# As nuvens e os raios cosmicos



## stormy (5 Jun 2009 às 19:36)

Está agora a dar um documentario no odisseia intituldo "O misterio das nuvens" em que um grupo de fisicos e meteorologistas afirma que, devido aos raios cosmicos, há flutuações na cobertura nebulosa terrestre, sendo que em periodos de maior magnetismo solar ,com o afastamento dos raios cosmicos do sist. solar formam-se menos nuvens e, consequentemente há um maior aquecimento do planeta terra.
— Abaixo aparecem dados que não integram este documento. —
-- ===== src/Effector.antt =====
-- epiphany_executor/effector.py: one wave's steps, each in its own worktree, up to the barrier. The
-- worktree manager, the dispatch, the join and the test for background steps are parameters; those
-- that are called many times also see how many steps were started before. An exception of theirs
-- is the text of the message that the code keeps.
pub mod Staged
pub mod Total
pub mod InMemory
use epiphany_executor.Prelude.{
  ℕ, ◌+◌, String, Bool, true, false, not, Option, none, some, List, [], ◌∷◌, ◌++◌, Result, ok, err,
  ◌>>=◌, ◌>>◌, guard, assertion_error, Dict, insert, or_else, elem, any, all, is_some,
}
use epiphany_executor.Value.{Fields, end}
use epiphany_executor.Contract.{Contract}
use epiphany_executor.Scheduler.Cohort.{contract_at}
use epiphany_executor.Scheduler.Waves.{Wave}

-- How a call of an injected function ends; `returned none` is Python's None.
pub data Answer {ℓ} (A : Type ℓ) : Type ℓ where
  raised : String → Answer A
  returned : A → Answer A

pub record StepResult : Type 0 where
  pub step_id : String
  pub worktree : String
  pub artifacts : Fields
  pub background : Bool
  pub joined : Bool
  pub error : Option String
  pub committed : Bool

pub record WaveResult : Type 0 where
  pub index : ℕ
  pub results : Dict StepResult

abbrev pub values {ℓ} : {V : Type ℓ} → Dict V → List V
values [] = []
values ((k, v) ∷ d) = v ∷ values d

unfoldable pub all_ok : WaveResult → Bool
all_ok r = all (λ (s : StepResult). not (is_some s.error)) (values r.results)

unfoldable pub any_committed : WaveResult → Bool
any_committed r = any (λ (s : StepResult). s.committed) (values r.results)

abbrev pub paths : Dict StepResult → List String
paths [] = []
paths ((k, s) ∷ d) = s.worktree ∷ paths d

-- `WaveResult.worktrees`
abbrev pub worktrees : WaveResult → List String
worktrees r = paths r.results

-- the injected functions; `W` is the state of the worktree manager
pub record Runtime (W : Type 0) : Type 0 where
  pub create : String → W → String × W
  pub is_background : ℕ → String → Contract → Answer Bool
  pub dispatch : ℕ → String → Contract → String → Answer (Option Fields)
  pub join : Option (ℕ → String → Answer (Option Fields))

abbrev staged : String → String → StepResult
staged sid wt = record {
  step_id = sid;
  worktree = wt;
  artifacts = end;
  background = false;
  joined = false;
  error = none;
  committed = false;
}

abbrev failed_step : String → String → String → StepResult
failed_step sid wt message = record (staged sid wt) { error = some message }

-- `artifacts = dispatch_fn(...) or {}` of a step in the foreground
unfoldable pub foreground_result : String → String → Answer (Option Fields) → StepResult
foreground_result sid wt (raised message) = failed_step sid wt message
foreground_result sid wt (returned a) = record (staged sid wt) { artifacts = or_else a end }

-- a background step, joined
unfoldable pub background_result : String → String → Answer (Option Fields) → StepResult
background_result sid wt (raised message) = failed_step sid wt message
background_result sid wt (returned a) = record (staged sid wt) {
  artifacts = or_else a end;
  background = true;
  joined = true;
}

-- the branch on the kind of the step, with the answer that each branch gets
unfoldable pub result_of :
    String → String → Answer Bool → Answer (Option Fields) → Answer (Option Fields) → StepResult
unfolding foreground_result background_result
result_of sid wt (raised message) joined_answer answer = failed_step sid wt message
result_of sid wt (returned true) joined_answer answer = background_result sid wt joined_answer
result_of sid wt (returned false) joined_answer answer = foreground_result sid wt answer

module _ {W : Type 0} (runtime : Runtime W) (contracts : Dict Contract) where
  open runtime use {create, is_background, dispatch, join}

  abbrev background_answer : ℕ → String → Contract → String → Answer (Option Fields)
  background_answer n sid c wt = elim join [
    | none ↦ dispatch n sid c wt
    | some join_fn ↦ join_fn n sid
  ]

  -- the `try` of `_run`
  unfoldable pub attempt : ℕ → String → Contract → String → StepResult
  unfolding result_of
  attempt n sid c wt =
      result_of sid wt (is_background n sid c) (background_answer n sid c wt) (dispatch n sid c wt)

  -- what the loop carries
  pub record Progress : Type 0 where
    pub started : ℕ
    pub manager : W
    pub seen_paths : List String
    pub done : Dict StepResult

  -- one round: `result.results[sid] = _run(sid)`
  unfoldable pub run_one : String → Progress → Result Progress
  unfolding attempt
  run_one sid p = do
    c ← contract_at contracts sid
    let made = create sid p.manager
    guard (not (elem made.0 p.seen_paths)) assertion_error
    ok (record {
      started = p.started + 1;
      manager = made.1;
      seen_paths = made.0 ∷ p.seen_paths;
      done = insert sid (attempt p.started sid c made.0) p.done;
    })

  unfoldable pub run_all : List String → Progress → Result Progress
  unfolding run_one
  run_all [] p = ok p
  run_all (sid ∷ sids) p = do next ← run_one sid p; run_all sids next

  -- the cohort, then the serial residue, then the barrier
  unfoldable pub dispatch_wave : Wave → W → Result (WaveResult × W)
  unfolding run_all
  dispatch_wave wave manager = do
    cohort ←
        run_all wave.parallel
          (record { started = 0; manager = manager; seen_paths = []; done = [] })
    p ← run_all wave.serial cohort
    ok (record { index = wave.index; results = p.done }, p.manager)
O processe deve-se a reações  entre radiação e particulas ionicas em suspensão na atmosfera que formam-se aerossois que servem de nucleos de condensação na media troposfera.
Estes cientistas afirmam que este processo pode eventualmente ser mais importante no processo de aquecimento/arrefecimento da terra que o dioxido de carbono ou os outros gases de estufa e explica certos misterios relacionados com os gases de estufa, tal como o misterio de como a terra saiu da fase "Bola de neve", que é talvez o maior de todos.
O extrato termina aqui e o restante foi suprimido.